Riccabona Marcus, Koen Mark, Schindler Monica, Goedele Beckers, Pycha Armin, Lusuardi Lukas, Bauer Stuart B
Department of Paediatric Urology, Krankenhaus Barmherzige Schwestern, Linz, Austria.
J Urol. 2004 Feb;171(2 Pt 1):845-8; discussion 848. doi: 10.1097/01.ju.0000108892.35041.2d.
We prospectively evaluated the efficacy and durability of botulinum-A toxin in the treatment of detrusor hyperreflexia in children with myelomeningocele (MMC).

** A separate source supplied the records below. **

-- ===== src/PlugMutex.antt =====
-- `plug_mutex` of include/core/types.h, the base of the queue and the stack: whether a container
-- has a lock, and the loop on `try_lock`.
use lock_free.Common.{ℕ, zero, suc, Bool, true, false, none, some, if◌then◌else◌}
use lock_free.Types.{Result, success, not_implemented, DsImpl, raw, mutex, spinlock, lockfree}
use lock_free.Command.{Command}

-- The first template argument: `imp_type==mutex || imp_type==spinlock`.
unfoldable pub required : DsImpl → Bool
required raw = false
required mutex = true
required spinlock = true
required lockfree = false

-- The first argument and `count`: the specialisation is the one of false and 0.
unfoldable pub has_mutex : Bool → ℕ → Bool
has_mutex false zero = false
has_mutex false (suc n) = true
has_mutex true n = true

-- The containers leave `count` at its default, 1.
unfoldable pub container_has_mutex : DsImpl → Bool
unfolding required has_mutex
container_has_mutex imp = has_mutex (required imp) 1

-- The state of `_mtx[0]`: held or not. `try_lock` says whether it took the lock.
unfoldable pub try_lock : Command Bool Bool
try_lock held = if held then some (false, held) else some (true, true)

-- `lock`: on a lock that is held the loop does not end, as nothing else runs meanwhile.
unfoldable pub lock : DsImpl → Command Bool Result
unfolding container_has_mutex try_lock
lock imp held =
    if container_has_mutex imp
    then elim (try_lock held) [
      | none ↦ none
      | some (taken, held') ↦ if taken then some (success, held') else none
    ]
    else some (not_implemented, held)

unfoldable pub unlock : DsImpl → Command Bool Result
unfolding container_has_mutex
unlock imp held =
    if container_has_mutex imp then some (success, false) else some (not_implemented, held)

This study involved 15 patients with MMC (10 male and 5 female, mean age 5.8 years), all nonresponders to orally and intravesically administered anticholinergic medication and all on clean intermittent catheterization. Pretreatment assessment included a videourodynamic evaluation, an incontinence score and a mercaptoacetyltriglycine-3 renal scan. We injected 10 U/kg to a maximum of 360 U of botulinum-A toxin into the detrusor at 25 to 40 sites, sparing the trigone. Followup lasted between 12 and 30 months. All children underwent a urodynamic reevaluation, an assessment of the bladder capacity and an incontinence score at 3, 9 and 12 months after the first injection. A second intravesical injection was administered after 12 months and followup repeated as in the first year.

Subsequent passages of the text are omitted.